→ Requirement
Return the run of lines below that opens with the line containing "unfolding known_exchange" and closes with the line containing "-- the symbols", keeping each one exact.
** Opening Exercise material block **
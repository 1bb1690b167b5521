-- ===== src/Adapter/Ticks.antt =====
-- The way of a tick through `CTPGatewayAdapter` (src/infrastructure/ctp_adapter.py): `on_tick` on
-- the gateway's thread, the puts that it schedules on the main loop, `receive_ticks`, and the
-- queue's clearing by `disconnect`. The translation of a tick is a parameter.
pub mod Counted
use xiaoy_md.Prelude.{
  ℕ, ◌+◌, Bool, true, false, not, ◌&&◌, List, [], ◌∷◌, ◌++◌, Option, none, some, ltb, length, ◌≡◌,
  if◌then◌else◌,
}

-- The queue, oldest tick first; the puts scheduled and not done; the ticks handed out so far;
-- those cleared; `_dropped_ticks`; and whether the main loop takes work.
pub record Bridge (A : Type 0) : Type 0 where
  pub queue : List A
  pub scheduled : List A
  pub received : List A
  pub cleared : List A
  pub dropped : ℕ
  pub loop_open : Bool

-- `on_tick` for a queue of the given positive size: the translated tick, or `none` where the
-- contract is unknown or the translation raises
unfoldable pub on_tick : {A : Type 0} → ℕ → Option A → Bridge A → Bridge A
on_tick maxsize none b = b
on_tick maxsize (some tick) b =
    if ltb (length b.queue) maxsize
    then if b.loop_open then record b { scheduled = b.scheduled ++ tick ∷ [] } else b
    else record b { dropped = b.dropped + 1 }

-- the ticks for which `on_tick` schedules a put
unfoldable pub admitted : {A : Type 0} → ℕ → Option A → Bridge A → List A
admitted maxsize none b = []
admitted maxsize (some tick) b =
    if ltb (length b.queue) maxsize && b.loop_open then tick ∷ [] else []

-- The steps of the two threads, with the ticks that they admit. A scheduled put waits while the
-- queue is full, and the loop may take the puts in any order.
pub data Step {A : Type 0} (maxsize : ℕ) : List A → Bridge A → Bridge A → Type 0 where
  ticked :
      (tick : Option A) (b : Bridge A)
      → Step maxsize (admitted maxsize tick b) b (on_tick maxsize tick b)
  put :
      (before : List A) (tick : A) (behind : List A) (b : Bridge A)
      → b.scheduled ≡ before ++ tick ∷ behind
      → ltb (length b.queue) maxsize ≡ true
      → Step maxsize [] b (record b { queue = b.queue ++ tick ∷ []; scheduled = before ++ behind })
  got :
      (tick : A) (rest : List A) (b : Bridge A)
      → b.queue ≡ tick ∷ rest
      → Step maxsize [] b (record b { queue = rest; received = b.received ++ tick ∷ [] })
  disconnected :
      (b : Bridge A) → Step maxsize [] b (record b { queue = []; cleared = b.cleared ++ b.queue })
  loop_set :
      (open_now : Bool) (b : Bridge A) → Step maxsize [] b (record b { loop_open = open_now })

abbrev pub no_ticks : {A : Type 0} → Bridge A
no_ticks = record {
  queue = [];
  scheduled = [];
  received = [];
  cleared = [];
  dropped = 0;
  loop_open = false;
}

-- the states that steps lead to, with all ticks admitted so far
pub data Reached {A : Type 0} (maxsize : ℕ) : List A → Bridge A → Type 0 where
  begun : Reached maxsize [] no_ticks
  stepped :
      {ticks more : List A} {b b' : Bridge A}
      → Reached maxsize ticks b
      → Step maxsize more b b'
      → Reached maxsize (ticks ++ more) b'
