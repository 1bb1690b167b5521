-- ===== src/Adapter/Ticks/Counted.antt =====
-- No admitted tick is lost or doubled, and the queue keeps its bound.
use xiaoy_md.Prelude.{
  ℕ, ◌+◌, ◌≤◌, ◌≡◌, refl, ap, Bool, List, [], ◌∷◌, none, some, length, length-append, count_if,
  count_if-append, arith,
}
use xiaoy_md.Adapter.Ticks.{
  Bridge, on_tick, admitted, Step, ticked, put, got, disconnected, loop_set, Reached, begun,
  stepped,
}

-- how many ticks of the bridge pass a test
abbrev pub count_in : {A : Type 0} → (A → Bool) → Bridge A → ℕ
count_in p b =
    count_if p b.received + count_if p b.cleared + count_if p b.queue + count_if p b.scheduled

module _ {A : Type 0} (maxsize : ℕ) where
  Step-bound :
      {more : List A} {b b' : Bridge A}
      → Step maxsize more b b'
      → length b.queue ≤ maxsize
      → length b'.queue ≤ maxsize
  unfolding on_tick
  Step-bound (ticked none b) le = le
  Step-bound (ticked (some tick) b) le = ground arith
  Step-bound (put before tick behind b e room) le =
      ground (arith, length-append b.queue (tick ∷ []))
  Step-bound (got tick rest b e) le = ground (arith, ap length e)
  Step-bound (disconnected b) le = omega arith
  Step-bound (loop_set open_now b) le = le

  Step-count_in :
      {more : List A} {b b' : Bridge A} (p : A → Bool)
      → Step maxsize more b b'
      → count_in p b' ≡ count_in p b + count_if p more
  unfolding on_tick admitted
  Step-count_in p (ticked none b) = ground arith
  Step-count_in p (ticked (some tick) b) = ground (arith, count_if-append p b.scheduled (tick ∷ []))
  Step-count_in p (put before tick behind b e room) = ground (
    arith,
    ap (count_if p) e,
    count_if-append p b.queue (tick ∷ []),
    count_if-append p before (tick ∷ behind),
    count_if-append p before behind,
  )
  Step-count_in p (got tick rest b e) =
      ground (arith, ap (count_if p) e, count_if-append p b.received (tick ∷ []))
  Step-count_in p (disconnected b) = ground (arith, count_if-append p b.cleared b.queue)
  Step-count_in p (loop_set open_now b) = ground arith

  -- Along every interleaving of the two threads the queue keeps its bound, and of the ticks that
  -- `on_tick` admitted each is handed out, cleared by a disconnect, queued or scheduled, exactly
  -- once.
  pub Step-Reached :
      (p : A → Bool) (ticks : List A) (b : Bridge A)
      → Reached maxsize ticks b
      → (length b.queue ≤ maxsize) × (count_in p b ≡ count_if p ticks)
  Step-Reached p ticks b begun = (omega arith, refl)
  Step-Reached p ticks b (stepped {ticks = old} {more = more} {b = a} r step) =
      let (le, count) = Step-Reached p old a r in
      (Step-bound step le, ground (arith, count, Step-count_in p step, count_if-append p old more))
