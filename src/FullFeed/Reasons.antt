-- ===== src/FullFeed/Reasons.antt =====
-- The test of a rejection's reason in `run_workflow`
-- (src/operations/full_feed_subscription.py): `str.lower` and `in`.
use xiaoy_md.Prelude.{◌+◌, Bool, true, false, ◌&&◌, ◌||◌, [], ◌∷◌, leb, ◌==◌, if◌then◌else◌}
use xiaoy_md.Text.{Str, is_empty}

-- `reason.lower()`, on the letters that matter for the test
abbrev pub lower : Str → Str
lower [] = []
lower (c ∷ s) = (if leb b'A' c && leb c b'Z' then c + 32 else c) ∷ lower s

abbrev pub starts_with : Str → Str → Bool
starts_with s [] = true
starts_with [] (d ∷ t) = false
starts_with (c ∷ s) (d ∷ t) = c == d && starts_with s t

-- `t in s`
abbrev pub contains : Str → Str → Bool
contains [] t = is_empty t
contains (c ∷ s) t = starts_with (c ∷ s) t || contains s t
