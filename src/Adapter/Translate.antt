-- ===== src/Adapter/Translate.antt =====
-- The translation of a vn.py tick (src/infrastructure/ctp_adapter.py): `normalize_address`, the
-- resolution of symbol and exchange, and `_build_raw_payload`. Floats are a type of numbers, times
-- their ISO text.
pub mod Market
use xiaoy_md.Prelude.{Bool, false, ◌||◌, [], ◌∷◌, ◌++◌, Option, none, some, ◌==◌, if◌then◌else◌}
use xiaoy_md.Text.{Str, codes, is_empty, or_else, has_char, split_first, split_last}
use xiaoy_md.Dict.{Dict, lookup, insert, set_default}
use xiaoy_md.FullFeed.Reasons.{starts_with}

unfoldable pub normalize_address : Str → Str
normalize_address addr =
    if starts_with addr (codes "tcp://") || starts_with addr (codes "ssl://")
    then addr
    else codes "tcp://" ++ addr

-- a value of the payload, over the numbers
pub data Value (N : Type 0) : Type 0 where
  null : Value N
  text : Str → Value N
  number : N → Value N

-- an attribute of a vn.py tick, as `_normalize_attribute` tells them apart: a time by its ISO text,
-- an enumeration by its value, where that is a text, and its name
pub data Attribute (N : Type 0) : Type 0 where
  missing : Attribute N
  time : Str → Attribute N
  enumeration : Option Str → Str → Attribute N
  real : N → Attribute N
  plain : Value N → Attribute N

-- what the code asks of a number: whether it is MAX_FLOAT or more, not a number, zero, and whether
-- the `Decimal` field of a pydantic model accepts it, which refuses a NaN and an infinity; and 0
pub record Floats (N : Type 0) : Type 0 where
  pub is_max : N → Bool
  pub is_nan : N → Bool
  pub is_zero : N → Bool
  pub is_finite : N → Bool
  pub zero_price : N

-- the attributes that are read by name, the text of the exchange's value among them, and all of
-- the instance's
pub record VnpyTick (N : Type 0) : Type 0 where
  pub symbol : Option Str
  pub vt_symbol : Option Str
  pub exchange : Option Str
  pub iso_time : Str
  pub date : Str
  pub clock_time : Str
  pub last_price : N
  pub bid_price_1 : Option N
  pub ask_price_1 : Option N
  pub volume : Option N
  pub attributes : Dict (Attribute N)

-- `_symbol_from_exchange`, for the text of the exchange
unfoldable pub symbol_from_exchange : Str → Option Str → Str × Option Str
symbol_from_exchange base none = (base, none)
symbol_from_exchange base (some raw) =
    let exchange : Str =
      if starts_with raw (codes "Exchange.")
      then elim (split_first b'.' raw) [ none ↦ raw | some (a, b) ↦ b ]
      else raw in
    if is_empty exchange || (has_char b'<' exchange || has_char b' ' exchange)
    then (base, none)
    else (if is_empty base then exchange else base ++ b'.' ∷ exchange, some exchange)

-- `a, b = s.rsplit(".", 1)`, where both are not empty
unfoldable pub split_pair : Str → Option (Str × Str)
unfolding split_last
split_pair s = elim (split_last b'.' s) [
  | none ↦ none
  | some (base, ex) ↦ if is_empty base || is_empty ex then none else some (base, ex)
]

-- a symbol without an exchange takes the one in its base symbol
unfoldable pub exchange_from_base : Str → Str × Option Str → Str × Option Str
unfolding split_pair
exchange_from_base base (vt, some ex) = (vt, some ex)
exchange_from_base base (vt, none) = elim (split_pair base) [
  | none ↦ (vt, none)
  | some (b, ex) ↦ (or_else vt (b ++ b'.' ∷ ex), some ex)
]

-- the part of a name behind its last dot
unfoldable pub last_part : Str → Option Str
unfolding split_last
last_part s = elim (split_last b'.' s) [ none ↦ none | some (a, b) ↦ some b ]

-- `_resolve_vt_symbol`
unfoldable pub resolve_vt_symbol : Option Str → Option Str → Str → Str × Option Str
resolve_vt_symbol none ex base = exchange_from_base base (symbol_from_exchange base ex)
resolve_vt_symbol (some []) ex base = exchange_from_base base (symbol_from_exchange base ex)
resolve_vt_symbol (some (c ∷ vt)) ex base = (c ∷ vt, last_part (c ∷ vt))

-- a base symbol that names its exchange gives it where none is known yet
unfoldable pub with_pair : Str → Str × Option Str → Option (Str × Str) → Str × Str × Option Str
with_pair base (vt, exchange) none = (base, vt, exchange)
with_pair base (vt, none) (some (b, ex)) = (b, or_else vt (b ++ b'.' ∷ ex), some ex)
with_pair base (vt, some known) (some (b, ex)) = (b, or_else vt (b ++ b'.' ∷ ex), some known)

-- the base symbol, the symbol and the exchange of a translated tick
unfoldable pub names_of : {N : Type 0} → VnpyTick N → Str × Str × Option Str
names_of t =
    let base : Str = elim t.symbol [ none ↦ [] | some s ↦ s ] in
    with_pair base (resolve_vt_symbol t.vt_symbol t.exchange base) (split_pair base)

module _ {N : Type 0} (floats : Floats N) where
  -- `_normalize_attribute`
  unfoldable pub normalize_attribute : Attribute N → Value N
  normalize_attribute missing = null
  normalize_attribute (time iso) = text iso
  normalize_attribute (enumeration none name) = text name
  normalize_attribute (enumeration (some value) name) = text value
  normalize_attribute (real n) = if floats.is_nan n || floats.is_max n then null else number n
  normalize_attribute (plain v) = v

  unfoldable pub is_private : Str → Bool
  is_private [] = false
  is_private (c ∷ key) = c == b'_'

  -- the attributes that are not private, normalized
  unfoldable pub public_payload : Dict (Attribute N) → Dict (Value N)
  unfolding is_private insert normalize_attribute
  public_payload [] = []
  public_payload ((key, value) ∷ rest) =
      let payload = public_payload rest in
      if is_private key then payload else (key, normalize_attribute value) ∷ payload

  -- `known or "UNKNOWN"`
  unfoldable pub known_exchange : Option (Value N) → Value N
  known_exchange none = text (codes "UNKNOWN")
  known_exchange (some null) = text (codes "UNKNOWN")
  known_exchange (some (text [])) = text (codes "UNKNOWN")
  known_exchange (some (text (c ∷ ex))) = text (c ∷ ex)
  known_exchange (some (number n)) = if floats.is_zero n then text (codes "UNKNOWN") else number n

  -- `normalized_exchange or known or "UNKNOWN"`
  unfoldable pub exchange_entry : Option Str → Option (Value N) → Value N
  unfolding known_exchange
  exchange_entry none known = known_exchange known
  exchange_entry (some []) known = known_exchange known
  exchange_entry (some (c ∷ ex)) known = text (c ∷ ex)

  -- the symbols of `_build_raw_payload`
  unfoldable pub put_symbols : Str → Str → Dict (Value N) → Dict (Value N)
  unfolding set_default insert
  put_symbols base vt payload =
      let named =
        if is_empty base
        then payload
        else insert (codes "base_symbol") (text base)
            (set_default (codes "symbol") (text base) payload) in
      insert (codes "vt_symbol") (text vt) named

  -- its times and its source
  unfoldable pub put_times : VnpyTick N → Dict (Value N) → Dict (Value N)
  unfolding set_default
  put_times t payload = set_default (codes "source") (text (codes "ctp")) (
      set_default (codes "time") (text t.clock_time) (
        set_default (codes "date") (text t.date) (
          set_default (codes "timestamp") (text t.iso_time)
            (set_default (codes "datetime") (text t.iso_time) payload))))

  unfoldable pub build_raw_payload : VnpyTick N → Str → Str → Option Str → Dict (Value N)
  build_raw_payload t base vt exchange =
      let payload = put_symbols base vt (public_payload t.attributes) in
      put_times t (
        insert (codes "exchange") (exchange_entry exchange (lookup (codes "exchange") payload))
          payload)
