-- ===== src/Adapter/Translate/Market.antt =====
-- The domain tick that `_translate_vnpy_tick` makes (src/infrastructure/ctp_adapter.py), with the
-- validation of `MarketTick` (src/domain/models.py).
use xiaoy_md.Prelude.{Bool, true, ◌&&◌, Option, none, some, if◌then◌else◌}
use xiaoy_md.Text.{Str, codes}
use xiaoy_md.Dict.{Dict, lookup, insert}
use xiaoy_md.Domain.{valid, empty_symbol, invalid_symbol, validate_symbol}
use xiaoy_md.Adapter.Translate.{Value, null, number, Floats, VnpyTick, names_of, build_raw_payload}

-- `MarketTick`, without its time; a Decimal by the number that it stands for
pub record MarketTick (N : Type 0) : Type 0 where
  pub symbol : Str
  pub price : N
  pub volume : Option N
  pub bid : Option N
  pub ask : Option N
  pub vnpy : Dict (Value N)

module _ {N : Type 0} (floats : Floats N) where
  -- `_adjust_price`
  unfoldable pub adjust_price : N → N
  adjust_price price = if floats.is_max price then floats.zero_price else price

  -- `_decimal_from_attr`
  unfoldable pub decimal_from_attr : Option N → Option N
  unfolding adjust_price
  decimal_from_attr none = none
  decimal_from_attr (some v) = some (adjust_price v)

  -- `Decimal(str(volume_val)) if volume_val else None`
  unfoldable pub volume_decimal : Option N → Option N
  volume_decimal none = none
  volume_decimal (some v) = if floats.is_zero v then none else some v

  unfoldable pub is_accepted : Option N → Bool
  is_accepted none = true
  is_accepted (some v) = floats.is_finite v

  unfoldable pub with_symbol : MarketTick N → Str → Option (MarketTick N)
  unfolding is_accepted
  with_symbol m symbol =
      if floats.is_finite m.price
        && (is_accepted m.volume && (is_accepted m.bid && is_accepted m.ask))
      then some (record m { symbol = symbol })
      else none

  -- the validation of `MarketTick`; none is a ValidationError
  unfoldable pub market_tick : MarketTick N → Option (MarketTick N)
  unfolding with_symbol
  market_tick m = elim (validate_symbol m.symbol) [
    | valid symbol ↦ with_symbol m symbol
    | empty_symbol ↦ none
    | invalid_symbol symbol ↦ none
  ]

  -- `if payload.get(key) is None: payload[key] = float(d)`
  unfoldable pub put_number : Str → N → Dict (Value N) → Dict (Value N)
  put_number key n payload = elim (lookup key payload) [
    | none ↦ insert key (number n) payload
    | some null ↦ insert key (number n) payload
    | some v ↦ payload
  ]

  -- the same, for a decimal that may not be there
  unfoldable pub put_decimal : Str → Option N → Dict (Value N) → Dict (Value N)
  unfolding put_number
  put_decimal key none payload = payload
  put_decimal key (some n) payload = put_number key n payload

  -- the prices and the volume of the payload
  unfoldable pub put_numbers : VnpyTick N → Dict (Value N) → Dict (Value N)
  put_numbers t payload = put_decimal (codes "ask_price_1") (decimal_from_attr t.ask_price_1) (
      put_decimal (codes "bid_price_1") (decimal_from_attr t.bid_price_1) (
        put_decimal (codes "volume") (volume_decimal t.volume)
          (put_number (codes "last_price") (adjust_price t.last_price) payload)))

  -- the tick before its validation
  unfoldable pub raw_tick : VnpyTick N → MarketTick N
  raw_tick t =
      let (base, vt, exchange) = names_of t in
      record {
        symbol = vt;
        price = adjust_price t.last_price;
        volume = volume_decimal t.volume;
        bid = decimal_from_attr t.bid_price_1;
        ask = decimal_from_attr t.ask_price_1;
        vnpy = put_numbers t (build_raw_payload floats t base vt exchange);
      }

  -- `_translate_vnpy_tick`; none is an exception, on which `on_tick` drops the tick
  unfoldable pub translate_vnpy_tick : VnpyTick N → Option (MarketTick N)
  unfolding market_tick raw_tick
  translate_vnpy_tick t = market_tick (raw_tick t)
** Closing Exercise material block **
→ Output of the task
  unfolding known_exchange
  exchange_entry none known = known_exchange known
  exchange_entry (some []) known = known_exchange known
  exchange_entry (some (c ∷ ex)) known = text (c ∷ ex)

  -- the symbols of `_build_raw_payload`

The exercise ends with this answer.